Bereavement, the breaking of taboos, ceremonial business, sexuality and fertility, and domestic habits are all potentially sensitive areas in the psychiatric interview in remote Aboriginal communities. The key for the clinician is to firstly be aware of the sensitivities and then to make the patient aware that you are cognisant of the sensitivities. Then seek permission to precede with the topic which is of sensitivity.
Bereavement, known as sorry business, is a very important part of Aboriginal culture. Funerals can involve entire communities, and the expression of grief can include self injury. The grieving relatives may live in a specially designated area, the sorry camp, for a period of time. The relatives may also cut off their hair or wear white pigment on their faces. The community refrains from using the name of the deceased, but can refer to him or her by the name Kwementyaye. People with the same name as the deceased should also be called Kwementyaye. Photographs or videos of the deceased have to be destroyed. It is important for the interviewer to realise that asking about the self injury (sorry cuts), or other physical manifestations of the grieving, will cause embarrassment. Mentioning the name of the deceased or asking ‘Who has died?’ will also cause distress – perhaps even a renewal of the wailing.
Reasons for the death are sought, and this may include sorcery or blaming another individual. Payback (usually through spearing the thigh) is common for the latter case. Consequently there may be anger, fear of payback, fear of further sorcery and so on in people during times of sorry business.
Complicated bereavement does not appear to be referred for psychiatric assessment very often. The single case of complicated bereavement referred was a woman with significant Western influence whose husband had suicided. Her grieving did not have the traditional rituals involved and she was helped by conventional Western grief counselling. For a more traditional person, the help of a Ngungkari would be important.
Ceremonial business for initiation of young males into manhood, and for handing down of gender specific songs and stories is a dominant part of cultural life. It is surrounded by very strict taboos. For instance an individual learning about the ceremonial business of the opposite gender can be punished by payback spearing. An Aboriginal individual travelling through areas where initiations are taking place can apparently be punished by death (at least that is the perception). Understandably an interview can come to a sudden halt when the issue of ceremonial business comes up, and the patient and family may fear breaking a taboo. What I have found very beneficial is to ask whether the sudden silence is about ceremonial business and if so ask how, or if, the interview should proceed. This results in a sense of relief in the patient and family, and improvement in rapport due to a sense of being understood. Usually if male business is to be discussed then females and children should leave the interview setting and vice versa.
Encroaching on any area that involves taboos or causes the patient to feel judged may result in shame.
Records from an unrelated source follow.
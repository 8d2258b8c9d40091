-- ===== src/Memory/Frames/Marks.antt =====
-- The bitmap operations of src/memory/frame_allocator/mod.rs as operations on a set of frames.
use native.Mathlib.Nat.{one-le-pow, pow-le-pow_right}
use native.Mathlib.Decide.{dec_lt}
use capucho_os.Base.{
  ◌&&◌, panics, ℕ, suc, zero, ◌-◌, ◌*◌, ◌/◌, ◌%◌, ◌^◌, ◌≡◌, ◌≢◌, inl, inr, ◌<◌, ◌≤◌, refl, Bool,
  true, false, not, List, [], ◌∷◌, none, ret, index_out_of_bounds, ◌>>=◌, bit_and, bit_or, u32,
  ◌<<<◌, ◌==◌, get_elem?, get_or, set, length, length-set, get_or-set_self, get_or-set_ne,
  get_elem?-eq-get_or, if◌then◌else◌, arith, Bool-cases, ==_iff, ap, ◌∙◌, ◌||◌,
}
use capucho_os.Base.Bits.{
  test_bit, test_bit-le-one, test_bit-bit_or, test_bit-bit_and, test_bit-pow, test_bit_not,
  bit_and-pow,
}
use capucho_os.Memory.Frames.Bitmap.{
  GlobalFrameAllocator, frame_idx_to_parts, is_used, mark_used, mark_unused,
}

-- The bitmap has a word for the frame.
abbrev pub Covers : GlobalFrameAllocator → ℕ → Type 0
Covers this i = i / 32 < length this.bitmap

abbrev pub word_of : GlobalFrameAllocator → ℕ → ℕ
word_of this i = get_or this.bitmap (i / 32) 0

-- The set of frames that the bitmap stands for.
abbrev pub used : GlobalFrameAllocator → ℕ → Bool
used this i = not (test_bit (word_of this i) (i % 32) == 0)

abbrev pub with_word : GlobalFrameAllocator → ℕ → ℕ → GlobalFrameAllocator
with_word this i w = record this { bitmap = set this.bitmap (i / 32) w }

abbrev pub marked : GlobalFrameAllocator → ℕ → GlobalFrameAllocator
marked this i = with_word this i (bit_or (word_of this i) (2 ^ (i % 32)))

abbrev pub unmarked : GlobalFrameAllocator → ℕ → GlobalFrameAllocator
unmarked this i = with_word this i (bit_and (word_of this i) (2 ^ 32 - 1 - 2 ^ (i % 32)))

parts_lem : (i : ℕ) → (u32 i % 32 ≡ i % 32) × (1 <<< (i % 32) ≡ 2 ^ (i % 32))
parts_lem i = (omega arith, omega arith)

masked_zero : (b p : ℕ) → 1 ≤ p → (b * p == 0) ≡ (b == 0)
masked_zero zero p h = ground arith
masked_zero (suc b) p h = ground (arith, one-le-mul b p h)
  where
    one-le-mul : (b p : ℕ) → 1 ≤ p → 1 ≤ suc b * p
    one-le-mul b p h = grind arith

-- Reading a covered bit does not panic.
pub is_used_lem :
    (this : GlobalFrameAllocator) (i : ℕ) → Covers this i → is_used this i ≡ ret (used this i)
unfolding is_used frame_idx_to_parts
is_used_lem this i h = rw (
  (parts_lem i).0,
  (parts_lem i).1,
  get_elem?-eq-get_or this.bitmap (i / 32) 0 h,
  bit_and-pow (word_of this i) (i % 32),
  masked_zero (test_bit (word_of this i) (i % 32)) (2 ^ (i % 32))
      (one-le-pow (i % 32) 2 (omega arith)),
)

get_elem?-out : (xs : List ℕ) (i : ℕ) → ¬ (i < length xs) → get_elem? xs i ≡ none
get_elem?-out [] i h = refl
get_elem?-out (x ∷ xs) zero h = absurd (h (omega arith))
get_elem?-out (x ∷ xs) (suc i) h = get_elem?-out xs i (λ p. h (omega arith))

-- Outside the bitmap it panics.
is_used_out :
    (this : GlobalFrameAllocator) (i : ℕ)
    → ¬ Covers this i
    → is_used this i ≡ panics index_out_of_bounds
unfolding is_used frame_idx_to_parts
is_used_out this i h = rw (get_elem?-out this.bitmap (i / 32) h)

if-or : (a b : Bool) → (if a then true else b) ≡ (a || b)
if-or true b = refl
if-or false b = refl

if-and : (a b : Bool) → (if a then false else b) ≡ (not a && b)
if-and true b = refl
if-and false b = refl

pub mark_used_lem :
    (this : GlobalFrameAllocator) (i : ℕ) → Covers this i → mark_used this i ≡ ret (marked this i)
unfolding mark_used frame_idx_to_parts
mark_used_lem this i h =
    rw ((parts_lem i).0, (parts_lem i).1, get_elem?-eq-get_or this.bitmap (i / 32) 0 h)

pub mark_unused_lem :
    (this : GlobalFrameAllocator) (i : ℕ)
    → Covers this i
    → mark_unused this i ≡ ret (unmarked this i)
unfolding mark_unused frame_idx_to_parts
mark_unused_lem this i h =
    rw ((parts_lem i).0, (parts_lem i).1, get_elem?-eq-get_or this.bitmap (i / 32) 0 h)

pub Covers-with_word :
    (this : GlobalFrameAllocator) (i w j : ℕ) → Covers this j → Covers (with_word this i w) j
Covers-with_word this i w j h = rw (length-set this.bitmap (i / 32) w) h

-- A set bit of another frame is not touched.
used-with_word :
    (this : GlobalFrameAllocator) (i w j : ℕ) (b : Bool)
    → Covers this i
    → ((i ≡ j) → not (test_bit w (j % 32) == 0) ≡ b)
    → (i / 32 ≡ j / 32 → i ≢ j → test_bit w (j % 32) ≡ test_bit (word_of this i) (j % 32))
    → used (with_word this i w) j ≡ (if i == j then b else used this j)
used-with_word this i w j b h same other = elim (Bool-cases (i == j)) [
  | inl e ↦
      let eq : i ≡ j = (==_iff i j).0 e in
      let word : i / 32 ≡ j / 32 = ap (λ (t : ℕ). t / 32) eq in
      rw (e, ← word, get_or-set_self this.bitmap (i / 32) w 0 h) (same eq)
  | inr e ↦ rw e (elim (Bool-cases (i / 32 == j / 32)) [
    | inl f ↦
        let word : i / 32 ≡ j / 32 = (==_iff (i / 32) (j / 32)).0 f in
        rw (← word, get_or-set_self this.bitmap (i / 32) w 0 h)
          (ap (λ (t : ℕ). not (t == 0)) (other word (ground arith)))
    | inr f ↦ rw (get_or-set_ne this.bitmap (i / 32) (j / 32) w 0 (ground arith))
  ])
]

-- Marking puts one frame into the set and changes no other.
pub used-marked :
    (this : GlobalFrameAllocator) (i j : ℕ)
    → Covers this i
    → used (marked this i) j ≡ (if i == j then true else used this j)
used-marked this i j h =
    let w = word_of this i in
    used-with_word this i (bit_or w (2 ^ (i % 32))) j true h
      (λ e.
        ground (arith, test_bit-bit_or w (2 ^ (i % 32)) (j % 32), test_bit-pow (i % 32) (j % 32)))
      (λ e ne.
        ground (arith, test_bit-bit_or w (2 ^ (i % 32)) (j % 32), test_bit-pow (i % 32) (j % 32)))

-- Unmarking takes one frame out of the set and changes no other.
pub used-unmarked :
    (this : GlobalFrameAllocator) (i j : ℕ)
    → Covers this i
    → used (unmarked this i) j ≡ (if i == j then false else used this j)
used-unmarked this i j h =
    let w = word_of this i in
    let mask = 2 ^ 32 - 1 - 2 ^ (i % 32) in
    let few : 2 ^ (i % 32) ≤ 2 ^ 31 =
      pow-le-pow_right {n = 2} (omega arith) {j = 31} (omega arith) in
    let small : 2 ^ (i % 32) < 2 ^ 32 = omega arith in
    let flipped : test_bit mask (j % 32) ≡ 1 - test_bit (2 ^ (i % 32)) (j % 32) =
      test_bit_not 32 (2 ^ (i % 32)) (j % 32) small (omega arith) in
    used-with_word this i (bit_and w mask) j false h
      (λ e.
        ground (arith, flipped, test_bit-bit_and w mask (j % 32), test_bit-pow (i % 32) (j % 32)))
      (λ e ne. ground (
        arith,
        flipped,
        test_bit-le-one w (j % 32),
        test_bit-bit_and w mask (j % 32),
        test_bit-pow (i % 32) (j % 32),
      ))

-- After marking frame `i`, a frame `j` is in use exactly if it is `i` or was in use before; a `j`
-- beyond the bitmap panics before and after.
is_used-mark_used :
    (this : GlobalFrameAllocator) (i j : ℕ)
    → Covers this i
    → (mark_used this i >>= λ t. is_used t j) ≡ (is_used this j >>= λ b. ret (i == j || b))
is_used-mark_used this i j h =
    rw (mark_used_lem this i h) (elim (dec_lt (j / 32) (length this.bitmap)) [
      | yes p ↦
          rw (is_used_lem this j p, is_used_lem (marked this i) j (Covers-with_word this i _ j p))
            (ap ret (used-marked this i j h ∙ if-or (i == j) (used this j)))
      | no p ↦ rw (
        is_used_out this j p,
        is_used_out (marked this i) j (rw (length-set this.bitmap (i / 32) _) p),
      )
    ])

-- After unmarking frame `i`, a frame `j` is in use exactly if it is not `i` and was in use before; a
-- `j` beyond the bitmap panics before and after.
is_used-mark_unused :
    (this : GlobalFrameAllocator) (i j : ℕ)
    → Covers this i
    → (mark_unused this i >>= λ t. is_used t j) ≡ (is_used this j >>= λ b. ret (not (i == j) && b))
is_used-mark_unused this i j h =
    rw (mark_unused_lem this i h) (elim (dec_lt (j / 32) (length this.bitmap)) [
      | yes p ↦
          rw (is_used_lem this j p, is_used_lem (unmarked this i) j (Covers-with_word this i _ j p))
            (ap ret (used-unmarked this i j h ∙ if-and (i == j) (used this j)))
      | no p ↦ rw (
        is_used_out this j p,
        is_used_out (unmarked this i) j (rw (length-set this.bitmap (i / 32) _) p),
      )
    ])

-- After marking frame `i`, which the bitmap covers, a frame `j` is in use exactly if it is `i` or was in
-- use before; after unmarking it, exactly if it is not `i` and was in use before. A `j` beyond the
-- bitmap panics before and after.
pub is_used-marks :
    (this : GlobalFrameAllocator) (i j : ℕ)
    → Covers this i
    → ((mark_used this i >>= λ t. is_used t j) ≡ (is_used this j >>= λ b. ret (i == j || b)))
      × ((mark_unused this i >>= λ t. is_used t j)
          ≡ (is_used this j >>= λ b. ret (not (i == j) && b)))
is_used-marks this i j h = (is_used-mark_used this i j h, is_used-mark_unused this i j h)
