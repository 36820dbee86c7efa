-- ===== src/Listener/System.antt =====
-- The threads of an offloading listener: the connection's thread delivers messages and runs scheduled
-- jobs, workers run callbacks and their `_on_done`, and any thread may ask to stop.
pub mod Permits
pub mod Counters
pub mod Settlement
use rabbitmq_pika_adapter.Prelude.{ℕ, ◌≡◌, Bool, true, false, not, ◌||◌, ltb, List, [], ◌∷◌, ◌++◌}
use rabbitmq_pika_adapter.Outcome.{Outcome, ok, raised}
use rabbitmq_pika_adapter.Listener.Message.{Delivery, Job}
use rabbitmq_pika_adapter.Listener.World.{user_callback, Env, Settings, Listener, call}
use rabbitmq_pika_adapter.Listener.{run_job, on_done, offload_wrapper}

-- `delivered` are the messages that the broker has handed over.
pub record System : Type 0 where
  pub listener : Listener
  pub delivered : List Delivery

-- `acquire` waits for a permit. Without offloading, or after `stop_me`, the handler does not get
-- there.
unfoldable pub may_proceed : Settings → Listener → Bool
may_proceed settings s = not settings.offload || (s.stop_me || ltb 0 s.permits)

module _ (env : Env) (settings : Settings) where
  -- A worker runs the callback of a task, and the task waits for its `_on_done`.
  unfoldable pub run_callback : Delivery → Listener → Listener
  unfolding call
  run_callback d s =
      let (r, s') = call env (user_callback d) s in record s' { finished = (d, r) ∷ s'.finished }

  -- What any of the threads may do next. Tasks run and end in any order.
  pub data Step (s t : System) : Type 0 where
    deliver :
        (d : Delivery)
        → may_proceed settings s.listener ≡ true
        → t ≡ record {
          listener = (offload_wrapper env settings d s.listener).1;
          delivered = d ∷ s.delivered;
        }
        → Step s t
    callback_ends :
        (d : Delivery) (before after : List Delivery)
        → s.listener.running ≡ before ++ d ∷ after
        → t
          ≡ record s { listener = run_callback d (record s.listener { running = before ++ after }) }
        → Step s t
    task_done :
        (d : Delivery) (r : Outcome (Unit {0}))
        (before after : List (Delivery × Outcome (Unit {0})))
        → s.listener.finished ≡ before ++ (d, r) ∷ after
        → t ≡ record s {
          listener =
              (on_done env settings d r (record s.listener { finished = before ++ after })).1;
        }
        → Step s t
    run_scheduled :
        (job : Job) (rest : List Job)
        → s.listener.scheduled ≡ job ∷ rest
        → t ≡ record s {
          listener = (run_job env settings job (record s.listener { scheduled = rest })).1;
        }
        → Step s t
    stop : t ≡ record s { listener = record s.listener { stop_me = true } } → Step s t

  pub data Reach (s : System) : System → Type 0 where
    here : Reach s s
    next : {t u : System} → Reach s t → Step t u → Reach s u

-- The listener that `__init__` makes, with its semaphore.
unfoldable pub start : ℕ → System
start in_flight = record {
  listener = record {
    stop_me = false;
    permits = in_flight;
    running = [];
    finished = [];
    scheduled = [];
    log = [];
  };
  delivered = [];
}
When shame occurs it can impede the interview process – the patient may get angry about being judged or feel very uncomfortable in the interview. I found it difficult to recognise shame, but found it best to anticipate it and to bring up the issue of shame with the patient before proceeding any further into the sensitive area, for example, ‘I’m not trying to shame you, but is it OK to talk about your worries about your wife?’ Similarly, if there is a block to progress in the interview, then it is useful to ask the patient if they are ‘shamed’ about something.
Sexuality and marital problems are areas which are likely to produce some shame. Ideally the interviewer should be the same gender as the patient when these issues are discussed, but even then permission needs to be sought before proceeding. Infertility in women is particularly sensitive, and when it occurs it is a devastating loss to the woman but she is likely to be too shameful to be able to discuss the problem. Similarly a ‘wrong skin marriage’ will be a source of shame to the whole family.
The only possible case of anxiety disorder referred to me was a young man recurrently presenting to a community clinic with panic attacks. During the assessment interview he was noticeably quiet and very avoident of eye contact. The interview was totally stalled until the remote mental health nurse, Andrew, asked him if he was shamed about anything. He then visibly loosened up and described how he was in hiding and had fled his home community for fear of payback relating to some sexual misdemeanour.
Questioning patients about their domestic habits can lead to resentment out of the sense of feeling judged. In one community some of the local women were demanding that the DMO be replaced. One of these women, a patient of mine, confided that the reason for the DMO’s unpopularity was that the DMO had asked her about how she cleaned the house, what she cooked and whether she was able to look after the children. Thus inquiries about domestic function, and activities of daily living (ADLs) need to be prefaced with an adequate explanation, for example, ‘I’m not trying to shame you but it will help me to understand your illness if you can tell me what it is like at home’.